— MATERIAL PROVIDED —

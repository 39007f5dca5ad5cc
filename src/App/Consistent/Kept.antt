-- ===== src/App/Consistent/Kept.antt =====
-- An action of the session keeps the flags of the runtime in agreement.
use xiaozhi.App.Actions.{report, start_listen, handle_action, upload_on, open_upload}
use xiaozhi.App.Consistent.{
  Consistent, Off, Off-Consistent, Queues-Off, Queues-Consistent, push_event-Consistent,
  check-Consistent, start-Queues, hello-Queues, connect-Consistent, stop_listen-Consistent,
  abort-Consistent, return_to_wake-Off,
}
use xiaozhi.App.Messages.{handle_session}
use xiaozhi.App.Send.{send_listen_start, send_hello, with_dump, open_opus_dump_file}
use xiaozhi.App.State.{App, World, set_state}
use xiaozhi.Base.{
  ◌≡◌, ◌≢◌, ◌⊎◌, refl, sym, ap, subst, ◌∙◌, Bool, true, false, [], ◌∷◌, none, some, Status, ok,
  failed, arith, inl, inr, Bool-cases,
}
use xiaozhi.Base.Int.{negsuc}
use xiaozhi.Base.Strings.{Bytes, codes, is_empty}
use xiaozhi.Capture.{set_uploading}
use xiaozhi.Dump.{Dump, open_dump}
use xiaozhi.Event.{EventType}
use xiaozhi.Session.{Action, Session, State, handle_event}

opened : (d : Dump) (a b : Bool) → (open_dump d a b).0 ≡ ok → (open_dump d a b).1.file ≢ none
unfolding open_dump
opened d a b e = ground arith

upload_on-Consistent :
    (app : App) (p : Status × Dump)
    → Off app
    → app.session_id ≢ []
    → (p.0 ≡ ok → p.1.file ≢ none)
    → Consistent (upload_on (with_dump app p))
unfolding upload_on with_dump set_state report set_uploading
upload_on-Consistent app (failed, d) o s f =
    push_event-Consistent (record app { dump = d }) EventType.error
      (some (codes "failed to open opus dump file")) (negsuc 0)
      (Off-Consistent (record { microphone = o.microphone; client = o.client; upload = o.upload }))
upload_on-Consistent app (ok, d) o s f = record {
  microphone = refl;
  client = o.client;
  upload = λ e. (refl, f refl, s);
}

no_session :
    {Item : Type 0} (w : World Item) (app : App)
    → is_empty app.session_id ≡ true
    → (send_listen_start w app).0 ≢ ok
unfolding send_listen_start
no_session w app h = rw h (λ e. cc)

some_session : (id : Bytes) → is_empty id ≡ false → id ≢ []
some_session [] h = cc
some_session (c ∷ id) h = λ e. cc

-- A message is queued only for a session that is known.
sent_session :
    {Item : Type 0} (w : World Item) (app : App)
    → (send_listen_start w app).0 ≡ ok
    → (send_listen_start w app).1.session_id ≢ []
sent_session w app e = elim (Bool-cases (is_empty app.session_id)) [
  | inl h ↦ absurd (no_session w app h e)
  | inr h ↦ λ z. absurd (
      some_session app.session_id h
        (sym (ap (λ (a : App). a.session_id) (start-Queues w app).result) ∙ z))
]

-- What the session answers, for what the flags need: it ends an upload, it was in another state, or it
-- changes nothing.
session_step :
    (s : Session) (t : EventType)
    → (((handle_event s t).0 ≡ Action.stop_listen) ⊎ ((handle_event s t).0 ≡ Action.return_to_wake))
      ⊎ ((s.state ≢ State.uploading_audio) ⊎ (handle_event s t ≡ (Action.nothing, s)))
unfolding handle_event
session_step s t = ground arith

open-Consistent :
    {Item : Type 0} (w : World Item) (x : Status × App)
    → Off x.1
    → (x.0 ≡ ok → x.1.session_id ≢ [])
    → Consistent (open_upload w x)
unfolding open_upload report open_opus_dump_file
open-Consistent w (failed, app) o s =
    push_event-Consistent app EventType.error (some (codes "failed to queue listen start"))
      (negsuc 0) (Off-Consistent o)
open-Consistent w (ok, app) o s =
    upload_on-Consistent app (open_dump app.dump w.in_build w.in_tmp) o (s refl)
      (opened app.dump w.in_build w.in_tmp)

start_listen-Consistent :
    {Item : Type 0} (w : World Item) {app : App} → Off app → Consistent (start_listen w app)
unfolding start_listen
start_listen-Consistent w {app} o =
    open-Consistent w (send_listen_start w app) (Queues-Off (start-Queues w app) o)
      (sent_session w app)

-- Whatever the action, if there is no upload.
without_upload-Consistent :
    {Item : Type 0} (w : World Item) (app : App) (a : Action)
    → Off app
    → Consistent (handle_action w app a)
unfolding handle_action
without_upload-Consistent w app Action.nothing o = Off-Consistent o
without_upload-Consistent w app Action.connect o = connect-Consistent w o
without_upload-Consistent w app Action.send_hello o =
    check-Consistent (codes "failed to queue hello") (send_hello w app)
      (Queues-Consistent (hello-Queues w app) (Off-Consistent o))
without_upload-Consistent w app Action.start_listen o = start_listen-Consistent w o
without_upload-Consistent w app Action.stop_listen o = stop_listen-Consistent w app o.client
without_upload-Consistent w app Action.abort o = abort-Consistent w app o.client
without_upload-Consistent w app Action.start_playback o = Off-Consistent o
without_upload-Consistent w app Action.return_to_wake o =
    Off-Consistent (return_to_wake-Off w app o.client)

-- Outside the state of an upload, none runs.
elsewhere-Off : {app : App} → Consistent app → app.session.state ≢ State.uploading_audio → Off app
elsewhere-Off {app} c ne = elim (Bool-cases app.upload_enabled) [
  | inl e ↦ absurd (ne (c.upload e).0)
  | inr e ↦ record { microphone = c.microphone ∙ e; client = c.client; upload = e }
]

session-Off : {app : App} (s : Session) → Off app → Off (record app { session = s })
session-Off s o = record { microphone = o.microphone; client = o.client; upload = o.upload }

pub session-Consistent :
    {Item : Type 0} (w : World Item) (app : App) (t : EventType)
    → Consistent app
    → Consistent (handle_session w app t)
unfolding handle_session handle_action
session-Consistent w app t c =
    let s = record app { session = (handle_event app.session t).1 } in
    elim (session_step app.session t) [
      | inl (inl e) ↦ rw e (stop_listen-Consistent w s c.client)
      | inl (inr e) ↦ rw e (Off-Consistent (return_to_wake-Off w s c.client))
      | inr (inl e) ↦
          without_upload-Consistent w s (handle_event app.session t).0
            (session-Off (handle_event app.session t).1 (elsewhere-Off c e))
      | inr (inr e) ↦
          subst
            (λ (x : Action × Session).
              Consistent (handle_action w (record app { session = x.1 }) x.0))
            (sym e) c
    ]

— WORK TO COMPLETE —
After reading the data, retype all of it exactly as it reads.

— THE COMPLETED TASK —
repository 39007f5dca5ad5cc
filename src/App/Consistent/Kept.antt
-- ===== src/App/Consistent/Kept.antt =====
-- An action of the session keeps the flags of the runtime in agreement.
use xiaozhi.App.Actions.{report, start_listen, handle_action, upload_on, open_upload}
use xiaozhi.App.Consistent.{
  Consistent, Off, Off-Consistent, Queues-Off, Queues-Consistent, push_event-Consistent,
  check-Consistent, start-Queues, hello-Queues, connect-Consistent, stop_listen-Consistent,
  abort-Consistent, return_to_wake-Off,
}
use xiaozhi.App.Messages.{handle_session}
use xiaozhi.App.Send.{send_listen_start, send_hello, with_dump, open_opus_dump_file}
use xiaozhi.App.State.{App, World, set_state}
use xiaozhi.Base.{
  ◌≡◌, ◌≢◌, ◌⊎◌, refl, sym, ap, subst, ◌∙◌, Bool, true, false, [], ◌∷◌, none, some, Status, ok,
  failed, arith, inl, inr, Bool-cases,
}
use xiaozhi.Base.Int.{negsuc}
use xiaozhi.Base.Strings.{Bytes, codes, is_empty}
use xiaozhi.Capture.{set_uploading}
use xiaozhi.Dump.{Dump, open_dump}
use xiaozhi.Event.{EventType}
use xiaozhi.Session.{Action, Session, State, handle_event}

opened : (d : Dump) (a b : Bool) → (open_dump d a b).0 ≡ ok → (open_dump d a b).1.file ≢ none
unfolding open_dump
opened d a b e = ground arith

upload_on-Consistent :
    (app : App) (p : Status × Dump)
    → Off app
    → app.session_id ≢ []
    → (p.0 ≡ ok → p.1.file ≢ none)
    → Consistent (upload_on (with_dump app p))
unfolding upload_on with_dump set_state report set_uploading
upload_on-Consistent app (failed, d) o s f =
    push_event-Consistent (record app { dump = d }) EventType.error
      (some (codes "failed to open opus dump file")) (negsuc 0)
      (Off-Consistent (record { microphone = o.microphone; client = o.client; upload = o.upload }))
upload_on-Consistent app (ok, d) o s f = record {
  microphone = refl;
  client = o.client;
  upload = λ e. (refl, f refl, s);
}

no_session :
    {Item : Type 0} (w : World Item) (app : App)
    → is_empty app.session_id ≡ true
    → (send_listen_start w app).0 ≢ ok
unfolding send_listen_start
no_session w app h = rw h (λ e. cc)

some_session : (id : Bytes) → is_empty id ≡ false → id ≢ []
some_session [] h = cc
some_session (c ∷ id) h = λ e. cc

-- A message is queued only for a session that is known.
sent_session :
    {Item : Type 0} (w : World Item) (app : App)
    → (send_listen_start w app).0 ≡ ok
    → (send_listen_start w app).1.session_id ≢ []
sent_session w app e = elim (Bool-cases (is_empty app.session_id)) [
  | inl h ↦ absurd (no_session w app h e)
  | inr h ↦ λ z. absurd (
      some_session app.session_id h
        (sym (ap (λ (a : App). a.session_id) (start-Queues w app).result) ∙ z))
]

-- What the session answers, for what the flags need: it ends an upload, it was in another state, or it
-- changes nothing.
session_step :
    (s : Session) (t : EventType)
    → (((handle_event s t).0 ≡ Action.stop_listen) ⊎ ((handle_event s t).0 ≡ Action.return_to_wake))
      ⊎ ((s.state ≢ State.uploading_audio) ⊎ (handle_event s t ≡ (Action.nothing, s)))
unfolding handle_event
session_step s t = ground arith

open-Consistent :
    {Item : Type 0} (w : World Item) (x : Status × App)
    → Off x.1
    → (x.0 ≡ ok → x.1.session_id ≢ [])
    → Consistent (open_upload w x)
unfolding open_upload report open_opus_dump_file
open-Consistent w (failed, app) o s =
    push_event-Consistent app EventType.error (some (codes "failed to queue listen start"))
      (negsuc 0) (Off-Consistent o)
open-Consistent w (ok, app) o s =
    upload_on-Consistent app (open_dump app.dump w.in_build w.in_tmp) o (s refl)
      (opened app.dump w.in_build w.in_tmp)

start_listen-Consistent :
    {Item : Type 0} (w : World Item) {app : App} → Off app → Consistent (start_listen w app)
unfolding start_listen
start_listen-Consistent w {app} o =
    open-Consistent w (send_listen_start w app) (Queues-Off (start-Queues w app) o)
      (sent_session w app)

-- Whatever the action, if there is no upload.
without_upload-Consistent :
    {Item : Type 0} (w : World Item) (app : App) (a : Action)
    → Off app
    → Consistent (handle_action w app a)
unfolding handle_action
without_upload-Consistent w app Action.nothing o = Off-Consistent o
without_upload-Consistent w app Action.connect o = connect-Consistent w o
without_upload-Consistent w app Action.send_hello o =
    check-Consistent (codes "failed to queue hello") (send_hello w app)
      (Queues-Consistent (hello-Queues w app) (Off-Consistent o))
without_upload-Consistent w app Action.start_listen o = start_listen-Consistent w o
without_upload-Consistent w app Action.stop_listen o = stop_listen-Consistent w app o.client
without_upload-Consistent w app Action.abort o = abort-Consistent w app o.client
without_upload-Consistent w app Action.start_playback o = Off-Consistent o
without_upload-Consistent w app Action.return_to_wake o =
    Off-Consistent (return_to_wake-Off w app o.client)

-- Outside the state of an upload, none runs.
elsewhere-Off : {app : App} → Consistent app → app.session.state ≢ State.uploading_audio → Off app
elsewhere-Off {app} c ne = elim (Bool-cases app.upload_enabled) [
  | inl e ↦ absurd (ne (c.upload e).0)
  | inr e ↦ record { microphone = c.microphone ∙ e; client = c.client; upload = e }
]

session-Off : {app : App} (s : Session) → Off app → Off (record app { session = s })
session-Off s o = record { microphone = o.microphone; client = o.client; upload = o.upload }

pub session-Consistent :
    {Item : Type 0} (w : World Item) (app : App) (t : EventType)
    → Consistent app
    → Consistent (handle_session w app t)
unfolding handle_session handle_action
session-Consistent w app t c =
    let s = record app { session = (handle_event app.session t).1 } in
    elim (session_step app.session t) [
      | inl (inl e) ↦ rw e (stop_listen-Consistent w s c.client)
      | inl (inr e) ↦ rw e (Off-Consistent (return_to_wake-Off w s c.client))
      | inr (inl e) ↦
          without_upload-Consistent w s (handle_event app.session t).0
            (session-Off (handle_event app.session t).1 (elsewhere-Off c e))
      | inr (inr e) ↦
          subst
            (λ (x : Action × Session).
              Consistent (handle_action w (record app { session = x.1 }) x.0))
            (sym e) c
    ]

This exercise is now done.